Fra gli "appuntamenti bioetici" dei prossimi mesi vi è senz'altro la questione, ancora insoluta, del destino degli embrioni attualmente crioconservati. Le numerose domande dei lettori di Zenit dimostrano l'in­teresse suscitato dal problema durante la campagna referendaria, e affrontato in questa rubrica con un articolo (C. Navarini, Ombre e luci nell'adozione degli embrioni, Zenit, 13 marzo 2005) e con alcune risposte brevi. D'altra parte, la questione dell'adozione degli embrioni crioconservati è già da tempo oggetto di valutazione da parte dei maggiori bioeticisti e moralisti italiani, ancor prima che la legge 40 sulla procreazione medicalmente assistita fosse in vigore.

Ora il tema è tornato a coinvolgere la stampa a causa della nascita di Gerard, primo "frutto" del Programma di adozione di embrioni lanciato dall'Istituto Marques di Barcellona. Non si tratta, a dire il vero, del primo bambino al mondo nato da adozione embrionaria, come alcuni titoli lasciavano intendere. Negli Stati Uniti la pratica è in uso da anni; basti pensare che l'associazione californiana Nightlight Christian Adoption porta avanti il Programma "Snowflakes" di adozione degli embrioni congelati (Snowflakes Frozen Embryo Adoption Program) dal 1997: nel maggio di quest'anno i bambini nati da adozione di embrione erano 81, a partire da un nucleo di circa 140 famiglie potenzialmente adottive. A riportare il dato è stato lo stesso presidente Bush, nel discorso pronunciato alla Casa Bianca il 24 maggio 2005, alla presenza di 21 fra tali famiglie adottive.

Bush, che nel 2002 aveva lanciato e sostenuto la campagna "adotta un embrione", ha rivolto alle famiglie parole incoraggianti e piene di gratitudine: "Invece di eliminare questi embrioni creati con la fecondazione in vitro, o di consegnarli ad una ricerca che li distrugge, queste famiglie hanno scelto un'alternativa che proclama la vita. 21 bambini qui presenti oggi hanno avuto la possibilità di vivere con genitori che li amano. […] Questi bambini ci ricordano che non esistono embrioni "avanzati". Ogni embrione è unico e geneticamente completo, come ogni altro essere umano. E ognuno di noi ha iniziato in questo modo la sua esistenza. Queste vite non sono materie prime da sfruttare, ma doni. E lodo ciascuna delle famiglie che sono qui oggi per aver accettato il dono di questi bambini e avere offerto loro il dono del vostro amore" (G.W. Bush, President Discusses Embryo Adoption and Ethical Stem Cell Research, 24 maggio 2005).
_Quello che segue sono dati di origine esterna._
-- ===== src/Engine/Loop.antt =====
-- internal/engine/loop.go: what the event loop does with one batch of transfers, one of accounts and
-- one read. The log is any with the operations of `Wal.Log`. The buffers that are used again for
-- every batch are fresh lists here; metrics and the waiting for work are left out.
pub mod Replay
pub mod Runs
pub mod Restart
pub mod Overflows
mod Tests
use aequitas_ledger.Prelude.{
  ℕ, ◌+◌, ◌%◌, Option, none, some, List, [], ◌∷◌, map, Result, ok, err, if◌then◌else◌,
}
use aequitas_ledger.Prelude.Words.{word, signed_less}
use aequitas_ledger.Core.Errors.{LedgerError, duplicate_account_id, ledger_closed}
use aequitas_ledger.Core.Account.{Account, zero128}
use aequitas_ledger.Core.Transfer.{Transfer}
use aequitas_ledger.Core.Codec.{append_transfer_payload, append_account_payload}
use aequitas_ledger.Wal.Records.{LogRecord, record_type_transfer, record_type_account}
use aequitas_ledger.Wal.Log.{Log}
use aequitas_ledger.Engine.Accounts.{
  AccountManager, create, get, get_transfer, account_transfers, set_clock, close_expired, snapshot,
  pending_transfers, validate_account,
}
use aequitas_ledger.Engine.Validator.{Outcome, validate_batch, apply_batch}

-- The error of an acknowledgement: one of the ledger, or one of the log.
pub data AckError (F : Type 0) : Type 0 where
  refused : LedgerError → AckError F
  unlogged : F → AckError F

-- Go's zero value
abbrev pub zero_transfer : Transfer
zero_transfer = record {
  id = 0;
  debit_account_id = 0;
  credit_account_id = 0;
  amount = zero128;
  idempotency_key = 0;
  user_data128 = 0;
  timestamp = 0;
  timeout = 0;
  ledger = 0;
  code = 0;
  flags = 0;
}

pub record TransferAck (F : Type 0) : Type 0 where
  pub transfer : Transfer
  pub error : Option (AckError F)

-- The LSN before the record is written is 0.
abbrev pub transfer_record : Transfer → LogRecord
transfer_record t = record {
  lsn = 0;
  kind = record_type_transfer;
  payload = append_transfer_payload [] t;
}

abbrev pub account_record : Account → LogRecord
account_record a = record {
  lsn = 0;
  kind = record_type_account;
  payload = append_account_payload [] a;
}

-- `makeWALRecords`
unfoldable pub make_wal_records : List Transfer → List Outcome → List LogRecord
make_wal_records (t ∷ ts) (none ∷ os) = transfer_record t ∷ make_wal_records ts os
make_wal_records (t ∷ ts) (some e ∷ os) = make_wal_records ts os
make_wal_records _ _ = []

-- The batch clock moves on, whatever the time is.
unfoldable pub next_clock : ℕ → ℕ → ℕ
next_clock now clock = if signed_less clock now then now else (clock + 1) % word

abbrev pub stamp : ℕ → Transfer → Transfer
stamp clock t = record t { timestamp = clock }

-- The transfer with its outcome.
abbrev ack : {F : Type 0} → Transfer → Outcome → TransferAck F
ack t none = record { transfer = t; error = none }
ack t (some e) = record { transfer = t; error = some (refused e) }

unfoldable pub acks : {F : Type 0} → List Transfer → List Outcome → List (TransferAck F)
acks (t ∷ ts) (o ∷ os) = ack t o ∷ acks ts os
acks _ _ = []

-- Every event of the batch gets the error of the log, and no transfer.
unfoldable pub acks_unlogged : {F : Type 0} → F → List Transfer → List (TransferAck F)
acks_unlogged e = map λ t. record { transfer = zero_transfer; error = some (unlogged e) }

-- `abandonPending`, for the events of one drained batch
unfoldable pub acks_closed : {F : Type 0} → List Transfer → List (TransferAck F)
acks_closed = map λ t. record { transfer = zero_transfer; error = some (refused ledger_closed) }

module _ (L : Log) where
  -- The fields of `EventLoop` that its batches change.
  pub record EventLoop : Type 0 where
    pub accounts : AccountManager
    pub log : L.State
    pub current_lsn : ℕ
    pub clock : ℕ

  -- The records are appended and synced, and the watermark follows.
  unfoldable pub append_synced : List LogRecord → EventLoop → Result L.Fault (Unit {0}) × EventLoop
  append_synced records l =
      let (appended, log) = L.append records l.log in
      elim appended [
        | err e ↦ (err e, record l { log = log })
        | ok lsn ↦
            let (synced, log') = L.sync log in
            elim synced [
              | err e ↦ (err e, record l { log = log' })
              | ok u ↦ (ok tt, record l { log = log'; current_lsn = L.last log' })
            ]
      ]

  -- `if len(records) > 0 { … }`
  unfoldable pub log_records : List LogRecord → EventLoop → Result L.Fault (Unit {0}) × EventLoop
  log_records [] l = (ok tt, l)
  log_records (r ∷ rs) l = append_synced (r ∷ rs) l

  -- The clock is set, and what has expired is closed.
  unfoldable pub tick : ℕ → EventLoop → EventLoop
  tick now l =
      let clock = next_clock now l.clock in
      record l { clock = clock; accounts = close_expired (set_clock clock l.accounts) }

  -- `processBatch`, at the time `now`
  unfoldable pub process_batch :
      ℕ → List Transfer → EventLoop → List (TransferAck L.Fault) × EventLoop
  process_batch now events l =
      let l₁ = tick now l in
      let stamped = map (stamp l₁.clock) events in
      let outcomes = validate_batch stamped l₁.accounts in
      let (logged, l₂) = log_records (make_wal_records stamped outcomes) l₁ in
      elim logged [
        | err e ↦ (acks_unlogged e events, l₂)
        | ok u ↦
            let (outcomes', accounts) = apply_batch stamped outcomes l₂.accounts in
            (acks stamped outcomes', record l₂ { accounts = accounts })
      ]

  -- What the first loop of `processAccountCreate` finds wrong with an account.
  unfoldable pub check_create : AccountManager → Account → Option LedgerError
  check_create m a = elim (validate_account a) [
    | err e ↦ some e
    | ok u ↦ elim (get m a.id) [ ok old ↦ some (duplicate_account_id a.id) | err e ↦ none ]
  ]

  -- The accounts that enter the log; their positions are those without an error.
  unfoldable pub account_records : List Account → List (Option LedgerError) → List LogRecord
  account_records (a ∷ rest) (none ∷ os) = account_record a ∷ account_records rest os
  account_records (a ∷ rest) (some e ∷ os) = account_records rest os
  account_records _ _ = []

  -- The results where the log has failed.
  unfoldable pub results_unlogged :
      L.Fault → List (Option LedgerError) → List (Option (AckError L.Fault))
  results_unlogged e =
      map λ o. elim o [ none ↦ some (unlogged e) | some refusal ↦ some (refused refusal) ]

  -- The accounts are created one after the other: one that comes twice in a batch is refused here.
  unfoldable pub create_all :
      List Account
      → List (Option LedgerError)
      → AccountManager
      → List (Option (AckError L.Fault)) × AccountManager
  create_all (a ∷ rest) (none ∷ os) m =
      let (r, m₁) = create a m in
      let (results, m') = create_all rest os m₁ in
      ((elim r [ ok u ↦ none | err e ↦ some (refused e) ]) ∷ results, m')
  create_all (a ∷ rest) (some e ∷ os) m =
      let (results, m') = create_all rest os m in (some (refused e) ∷ results, m')
  create_all _ _ m = ([], m)

  -- `processAccountCreate`
  unfoldable pub process_account_create :
      List Account → EventLoop → List (Option (AckError L.Fault)) × EventLoop
  process_account_create accounts l =
      let checked = map (check_create l.accounts) accounts in
      let (logged, l₁) = log_records (account_records accounts checked) l in
      elim logged [
        | err e ↦ (results_unlogged e checked, l₁)
        | ok u ↦
            let (results, m) = create_all accounts checked l₁.accounts in
            (results, record l₁ { accounts = m })
      ]

  -- `handleRead`, `handleReadTransfer` and `handleReadAccountTransfers`
  unfoldable pub handle_read : EventLoop → ℕ → Result LedgerError Account
  handle_read l id = get l.accounts id

  unfoldable pub handle_read_transfer : EventLoop → ℕ → Option Transfer
  handle_read_transfer l id = get_transfer l.accounts id

  unfoldable pub handle_read_account_transfers : EventLoop → ℕ → ℕ → ℕ → List Transfer
  handle_read_account_transfers l account_id after_id limit =
      account_transfers l.accounts account_id after_id limit

  pub record SnapshotView : Type 0 where
    pub accounts : List Account
    pub pendings : List Transfer
    pub lsn : ℕ

  -- The answer to a snapshot request.
  unfoldable pub snapshot_view : EventLoop → SnapshotView
  snapshot_view l = record {
    accounts = snapshot l.accounts;
    pendings = pending_transfers l.accounts;
    lsn = l.current_lsn;
  }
Il programma Snowflakes, pubblicamente encomiato dal presidente Bush, è estremamente rigoroso: si basa – come per i percorsi di adozione dopo la nascita – su un attento abbinamento fra il bambino (in questo caso fra i genitori biologici) e la famiglia adottiva, su un periodo di preparazione degli aspiranti genitori, sul monitoraggio e sull'assistenza alla famiglia anche dopo la nascita, su possibili forme di interazione fra la famiglia biologica e quella adottiva (qui a differenza di quanto avviene per le "normali" adozioni). Anzi, allo scopo di sensibilizzare le coppie che ricorrono alla fecondazione in vitro sull'imprescindibile dignità di ogni embrione-figlio, si ammette che siano i genitori biologici a determinare e scegliere le caratteristiche della famiglia adottiva.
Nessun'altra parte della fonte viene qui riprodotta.